OmniAvatar is an audio-driven full-body video generation model jointly developed by Zhejiang University and Alibaba Group. Given an audio input and optional text prompts, it can generate natural and realistic full-body animated videos where the character’s expressions and motions are perfectly synchronized with the speech. Powered by pixel-level multi-stage audio embedding and LoRA fine-tuning techniques, OmniAvatar significantly improves lip-sync accuracy and the naturalness of body movements. It also supports interactions between the character and objects, background control, and emotion manipulation, making it suitable for a wide range of applications including podcasts, interactive videos, and virtual environments.
Key Features of OmniAvatar
-
Natural Lip Synchronization:
Generates lip movements that are precisely synchronized with the input audio, maintaining high accuracy even in complex scenarios. -
Full-Body Animation Generation:
Produces smooth, realistic body motions, resulting in lifelike and engaging animated characters. -
Text-Based Control:
Supports precise control over video content via text prompts, allowing customization of character movements, background settings, emotional states, and more. -
Human-Object Interaction:
Capable of generating scenes where the character interacts with surrounding objects, such as picking up items or operating devices—expanding its practical use cases. -
Background Control:
Allows dynamic background changes based on textual instructions to fit various scene requirements. -
Emotion Control:
Characters can express different emotions like happiness, sadness, or anger, guided by text prompts, enhancing expressiveness and realism.
Technical Foundations of OmniAvatar
-
Pixel-Level Multi-Stage Audio Embedding:
Maps audio features into the model’s latent space at the pixel level. This approach ensures that audio directly influences body movement generation, improving both lip-sync precision and full-body motion naturalness. -
LoRA (Low-Rank Adaptation) Fine-Tuning:
Applies LoRA to fine-tune pre-trained models efficiently. It introduces low-rank decompositions in the weight matrices to reduce the number of trainable parameters while preserving the model’s original capabilities—improving both training efficiency and output quality. -
Long-Form Video Generation Strategy:
To support long videos, OmniAvatar uses reference image embeddings to maintain character identity and frame overlap strategies to ensure temporal continuity and avoid abrupt motion transitions. -
Diffusion-Based Video Generation:
Utilizes diffusion models as the core framework, gradually denoising to generate high-quality video frames.
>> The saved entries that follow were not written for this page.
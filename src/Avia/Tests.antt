-- ===== src/Avia/Tests.antt =====
-- The theorems on the queues of the AViA demultiplexer at concrete queues.
use tuxbox_git_driver.Common.{
  ◌<◌, ◌≡◌, ◌⊎◌, ◌&&◌, refl, List, [], ◌∷◌, true, false, some, arith, length, replicate, take, leb,
}
use tuxbox_git_driver.Kernel.{UserMemory}
use tuxbox_git_driver.Circular
use tuxbox_git_driver.Avia.{Queue, no_queue, at, data_get, data_put, is_synced, resync}
use tuxbox_git_driver.Avia.Get.{IsValid, contents, data_get_refines}
use tuxbox_git_driver.Avia.Put.{Reading, unread, data_put_refines}
use tuxbox_git_driver.Avia.Overflow.{queue_irq, queue_irq_lem}
use tuxbox_git_driver.Avia.Resync.{Dropped, resync_lem}

abbrev mapped : UserMemory
mapped = record {
  copy_to_user = λ at bytes. 0;
  copy_from_user = λ at bytes. (bytes, 0);
  copied = λ at bytes e. refl;
}

-- 8, 9, 10 from place 3 on, round the end of five bytes
abbrev round : Queue
round = record no_queue {
  mem_addr = 100;
  mem = 10 ∷ 0 ∷ 0 ∷ 8 ∷ 9 ∷ [];
  size = 5;
  read_pos = 3;
  write_pos = 1;
  hw_write_pos = 1;
  busy = true;
}

round-IsValid : IsValid round
round-IsValid = record {
  storage = omega arith;
  small = omega arith;
  read_in = omega arith;
  write_in = omega arith;
  index_in = omega arith;
}

data_get_refines_example :
    let (ret, bytes, q') = data_get 2 false round in
    (ret ≡ 2) × (bytes ≡ 8 ∷ 9 ∷ []) × (contents q' ≡ 10 ∷ []) × IsValid q'
unfolding Circular.contents
data_get_refines_example = data_get_refines 2 false round-IsValid

round-Reading : Reading 103 round
round-Reading = record {
  valid = round-IsValid;
  system = omega arith;
  from = omega arith;
  below = omega arith;
  addressed = omega arith;
}

data_put_refines_example :
    let (ret, q') = data_put mapped 103 (11 ∷ 12 ∷ []) true round in
    (ret ≡ 1) × (unread 103 q' ≡ 8 ∷ 9 ∷ 10 ∷ 11 ∷ []) × Reading 103 q'
unfolding Circular.contents
data_put_refines_example =
    data_put_refines mapped true (λ at bytes on. refl) (11 ∷ 12 ∷ []) round-Reading

queue_irq_lem_example :
    (queue_irq 104 round).1 ≡ record round { hw_write_pos = 4; overflow_count = 1 }
queue_irq_lem_example =
    queue_irq_lem 104 round round-IsValid refl (omega arith) (omega arith) (omega arith)
      (omega arith)

-- Two bytes of dirt before a packet of the PID 17, in a queue of 256 bytes.
abbrev packets : Queue
packets = record no_queue {
  cb_proc = some 7;
  index = 3;
  mem_addr = 256;
  mem = 0 ∷ 0x47 ∷ 0x47 ∷ 0x40 ∷ 0x11 ∷ 0x10 ∷ replicate 250 0;
  size = 256;
  hw_write_pos = 190;
  write_pos = 190;
  pid = 17;
  busy = true;
}

packets-IsValid : IsValid packets
packets-IsValid = record {
  storage = omega arith;
  small = omega arith;
  read_in = omega arith;
  write_in = omega arith;
  index_in = omega arith;
}

resync_lem_example :
    let (goes_on, q') = resync 17 17 packets in
    IsValid q'
    × Dropped 17 17 (contents packets) (contents q')
    × (goes_on ≡ (leb 188 (length (contents q')) && is_synced 17 17 (take 4 (contents q'))))
    × ((goes_on ≡ true) ⊎ (length (contents q') < 188))
resync_lem_example = resync_lem 17 17 packets-IsValid

abbrev queues : List Queue
queues = no_queue ∷ no_queue ∷ no_queue ∷ packets ∷ []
These models excel at producing long and coherent video sequences. -
Transformer Architecture Integration:
Incorporates Transformers within the diffusion framework to better capture long-range dependencies and maintain semantic coherence across frames, further enhancing the quality and consistency of the generated videos.
Project Resources
-
Official Website: https://omni-avatar.github.io/
-
GitHub Repository: https://github.com/Omni-Avatar/OmniAvatar
-
Hugging Face Model Page: https://huggingface.co/OmniAvatar/OmniAvatar-14B
-
arXiv Technical Paper: https://arxiv.org/pdf/2506.18866
Application Scenarios
-
Virtual Content Creation:
Used for generating realistic virtual avatars for podcasts and video bloggers, reducing production costs and enriching content formats. -
Interactive Social Platforms:
Provides users with personalized avatars capable of natural expressions and motion, enabling immersive virtual interactions. -
Education and Training:
Generates virtual teacher avatars that can explain educational content based on audio input, making learning more engaging and interactive. -
Advertising and Marketing:
Creates customized virtual brand ambassadors that can be tailored to match brand identity and perform specific actions for targeted promotional campaigns. -
Gaming and Virtual Reality:
Quickly generates expressive virtual characters with lifelike movements and emotions, enhancing immersion and realism in games and VR environments.